**INSTRUCTIONS FOR THE TASK**
Below are the records; print them all without any alteration.

**EXERCISE MATERIALS**
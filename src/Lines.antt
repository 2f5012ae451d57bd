-- ===== src/Lines.antt =====
-- src/simplecc/simplecc_daemon.rs: the reader of the editor's request lines. A byte is a number, and
-- the input is the list of the pieces that `fill_buf` gives, none of which is empty.
pub mod Pieces
mod Tests
use simplecc.Base.{
  ℕ, suc, ◌+◌, ◌≡◌, Bool, true, false, not, ◌&&◌, ◌||◌, Option, none, some, List, [], ◌∷◌, ◌++◌,
  length, ltb, leb, ◌==◌, nat_key, if◌then◌else◌,
}

abbrev pub Bytes : Type 0
Bytes = List ℕ

-- A piece: its first byte, and the others.
abbrev pub Piece : Type 0
Piece = ℕ × Bytes

abbrev pub bytes_of : Piece → Bytes
bytes_of (b, bs) = b ∷ bs

abbrev pub concat : List Piece → Bytes
concat [] = []
concat (p ∷ ps) = bytes_of p ++ concat ps

pub data LineError : Type 0 where
  too_long not_utf8 : LineError

pub data Line : Type 0 where
  text : Bytes → Line
  bad : LineError → Line

abbrev pub within : ℕ → ℕ → ℕ → Bool
within low high b = leb low b && leb b high

-- The bytes that may follow a leading byte, each as its bounds; none if it leads nothing.
unfoldable pub following : ℕ → Option (List (ℕ × ℕ))
following b =
    if leb b 127
    then some []
    else if within 194 223 b
    then some ((128, 191) ∷ [])
    else if b == 224
    then some ((160, 191) ∷ (128, 191) ∷ [])
    else if b == 237
    then some ((128, 159) ∷ (128, 191) ∷ [])
    else if within 225 239 b
    then some ((128, 191) ∷ (128, 191) ∷ [])
    else if b == 240
    then some ((144, 191) ∷ (128, 191) ∷ (128, 191) ∷ [])
    else if within 241 243 b
    then some ((128, 191) ∷ (128, 191) ∷ (128, 191) ∷ [])
    else if b == 244
    then some ((128, 143) ∷ (128, 191) ∷ (128, 191) ∷ [])
    else none

-- `from_utf8`: the rest of a text, with what must follow first.
unfoldable pub utf8_from : Option (List (ℕ × ℕ)) → Bytes → Bool
unfolding following
utf8_from none bs = false
utf8_from (some []) [] = true
utf8_from (some (r ∷ rs)) [] = false
utf8_from (some []) (b ∷ bs) = utf8_from (following b) bs
utf8_from (some ((low, high) ∷ rs)) (b ∷ bs) =
    let rest = utf8_from (some rs) bs in within low high b && rest

abbrev pub is_utf8 : Bytes → Bool
is_utf8 bs = utf8_from (some []) bs

-- The pop of a carriage return at the end.
unfoldable pub pop_cr : Bytes → Bytes
pop_cr [] = []
pop_cr (b ∷ []) = if b == 13 then [] else b ∷ []
pop_cr (b ∷ c ∷ bs) = b ∷ pop_cr (c ∷ bs)

unfoldable pub finish_request_line : Bytes → Bool → ℕ → Line
finish_request_line bytes long limit =
    if long || ltb limit (length (pop_cr bytes))
    then bad too_long
    else if is_utf8 (pop_cr bytes)
    then text (pop_cr bytes)
    else bad not_utf8

-- The bytes before a newline, and those after it if there is one.
unfoldable pub cut : Bytes → Bytes × Option Bytes
cut [] = ([], none)
cut (b ∷ bs) =
    let (content, rest) = cut bs in if b == 10 then ([], some bs) else (b ∷ content, rest)

-- What is kept of a record once more of it has come.
unfoldable pub grow : ℕ → Bytes → Bool → Bytes → Bytes × Bool
grow limit bytes long content =
    if long
    then (bytes, true)
    else if ltb (limit + 1) (length bytes + length content)
    then ([], true)
    else (bytes ++ content, false)

-- What `consume` leaves.
abbrev pub unread : Bytes → List Piece → List Piece
unread [] ps = ps
unread (b ∷ bs) ps = (b, bs) ∷ ps

abbrev pub is_empty : Bytes → Bool
is_empty [] = true
is_empty (b ∷ bs) = false

-- The end of a round: with a newline the record is done.
abbrev pub by_newline :
    ℕ
    → Bytes
    → Bool
    → List Piece
    → Option Bytes
    → Option Line × List Piece
    → Option Line × List Piece
by_newline limit bytes long ps none later = later
by_newline limit bytes long ps (some r) later =
    (some (finish_request_line bytes long limit), unread r ps)

-- The loop: the record, or none at the end of the input, and the pieces that are left.
unfoldable pub read_loop : ℕ → Bytes → Bool → List Piece → Option Line × List Piece
unfolding cut grow finish_request_line
read_loop limit bytes long [] =
    (if is_empty bytes && not long then none else some (finish_request_line bytes long limit), [])
read_loop limit bytes long (p ∷ ps) =
    let (content, rest) = cut (bytes_of p) in
    let (bytes', long') = grow limit bytes long content in
    let later = read_loop limit bytes' long' ps in by_newline limit bytes' long' ps rest later

unfoldable pub read_request_line : ℕ → List Piece → Option Line × List Piece
unfolding read_loop
read_request_line limit ps = read_loop limit [] false ps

**RESPONSE TO THIS EXERCISE**
filename src/Lines.antt
repository 2f5012ae451d57bd
-- ===== src/Lines.antt =====
-- src/simplecc/simplecc_daemon.rs: the reader of the editor's request lines. A byte is a number, and
-- the input is the list of the pieces that `fill_buf` gives, none of which is empty.
pub mod Pieces
mod Tests
use simplecc.Base.{
  ℕ, suc, ◌+◌, ◌≡◌, Bool, true, false, not, ◌&&◌, ◌||◌, Option, none, some, List, [], ◌∷◌, ◌++◌,
  length, ltb, leb, ◌==◌, nat_key, if◌then◌else◌,
}

abbrev pub Bytes : Type 0
Bytes = List ℕ

-- A piece: its first byte, and the others.
abbrev pub Piece : Type 0
Piece = ℕ × Bytes

abbrev pub bytes_of : Piece → Bytes
bytes_of (b, bs) = b ∷ bs

abbrev pub concat : List Piece → Bytes
concat [] = []
concat (p ∷ ps) = bytes_of p ++ concat ps

pub data LineError : Type 0 where
  too_long not_utf8 : LineError

pub data Line : Type 0 where
  text : Bytes → Line
  bad : LineError → Line

abbrev pub within : ℕ → ℕ → ℕ → Bool
within low high b = leb low b && leb b high

-- The bytes that may follow a leading byte, each as its bounds; none if it leads nothing.
unfoldable pub following : ℕ → Option (List (ℕ × ℕ))
following b =
    if leb b 127
    then some []
    else if within 194 223 b
    then some ((128, 191) ∷ [])
    else if b == 224
    then some ((160, 191) ∷ (128, 191) ∷ [])
    else if b == 237
    then some ((128, 159) ∷ (128, 191) ∷ [])
    else if within 225 239 b
    then some ((128, 191) ∷ (128, 191) ∷ [])
    else if b == 240
    then some ((144, 191) ∷ (128, 191) ∷ (128, 191) ∷ [])
    else if within 241 243 b
    then some ((128, 191) ∷ (128, 191) ∷ (128, 191) ∷ [])
    else if b == 244
    then some ((128, 143) ∷ (128, 191) ∷ (128, 191) ∷ [])
    else none

-- `from_utf8`: the rest of a text, with what must follow first.
unfoldable pub utf8_from : Option (List (ℕ × ℕ)) → Bytes → Bool
unfolding following
utf8_from none bs = false
utf8_from (some []) [] = true
utf8_from (some (r ∷ rs)) [] = false
utf8_from (some []) (b ∷ bs) = utf8_from (following b) bs
utf8_from (some ((low, high) ∷ rs)) (b ∷ bs) =
    let rest = utf8_from (some rs) bs in within low high b && rest

abbrev pub is_utf8 : Bytes → Bool
is_utf8 bs = utf8_from (some []) bs

-- The pop of a carriage return at the end.
unfoldable pub pop_cr : Bytes → Bytes
pop_cr [] = []
pop_cr (b ∷ []) = if b == 13 then [] else b ∷ []
pop_cr (b ∷ c ∷ bs) = b ∷ pop_cr (c ∷ bs)

unfoldable pub finish_request_line : Bytes → Bool → ℕ → Line
finish_request_line bytes long limit =
    if long || ltb limit (length (pop_cr bytes))
    then bad too_long
    else if is_utf8 (pop_cr bytes)
    then text (pop_cr bytes)
    else bad not_utf8

-- The bytes before a newline, and those after it if there is one.
unfoldable pub cut : Bytes → Bytes × Option Bytes
cut [] = ([], none)
cut (b ∷ bs) =
    let (content, rest) = cut bs in if b == 10 then ([], some bs) else (b ∷ content, rest)

-- What is kept of a record once more of it has come.
unfoldable pub grow : ℕ → Bytes → Bool → Bytes → Bytes × Bool
grow limit bytes long content =
    if long
    then (bytes, true)
    else if ltb (limit + 1) (length bytes + length content)
    then ([], true)
    else (bytes ++ content, false)

-- What `consume` leaves.
abbrev pub unread : Bytes → List Piece → List Piece
unread [] ps = ps
unread (b ∷ bs) ps = (b, bs) ∷ ps

abbrev pub is_empty : Bytes → Bool
is_empty [] = true
is_empty (b ∷ bs) = false

-- The end of a round: with a newline the record is done.
abbrev pub by_newline :
    ℕ
    → Bytes
    → Bool
    → List Piece
    → Option Bytes
    → Option Line × List Piece
    → Option Line × List Piece
by_newline limit bytes long ps none later = later
by_newline limit bytes long ps (some r) later =
    (some (finish_request_line bytes long limit), unread r ps)

-- The loop: the record, or none at the end of the input, and the pieces that are left.
unfoldable pub read_loop : ℕ → Bytes → Bool → List Piece → Option Line × List Piece
unfolding cut grow finish_request_line
read_loop limit bytes long [] =
    (if is_empty bytes && not long then none else some (finish_request_line bytes long limit), [])
read_loop limit bytes long (p ∷ ps) =
    let (content, rest) = cut (bytes_of p) in
    let (bytes', long') = grow limit bytes long content in
    let later = read_loop limit bytes' long' ps in by_newline limit bytes' long' ps rest later

unfoldable pub read_request_line : ℕ → List Piece → Option Line × List Piece
unfolding read_loop
read_request_line limit ps = read_loop limit [] false ps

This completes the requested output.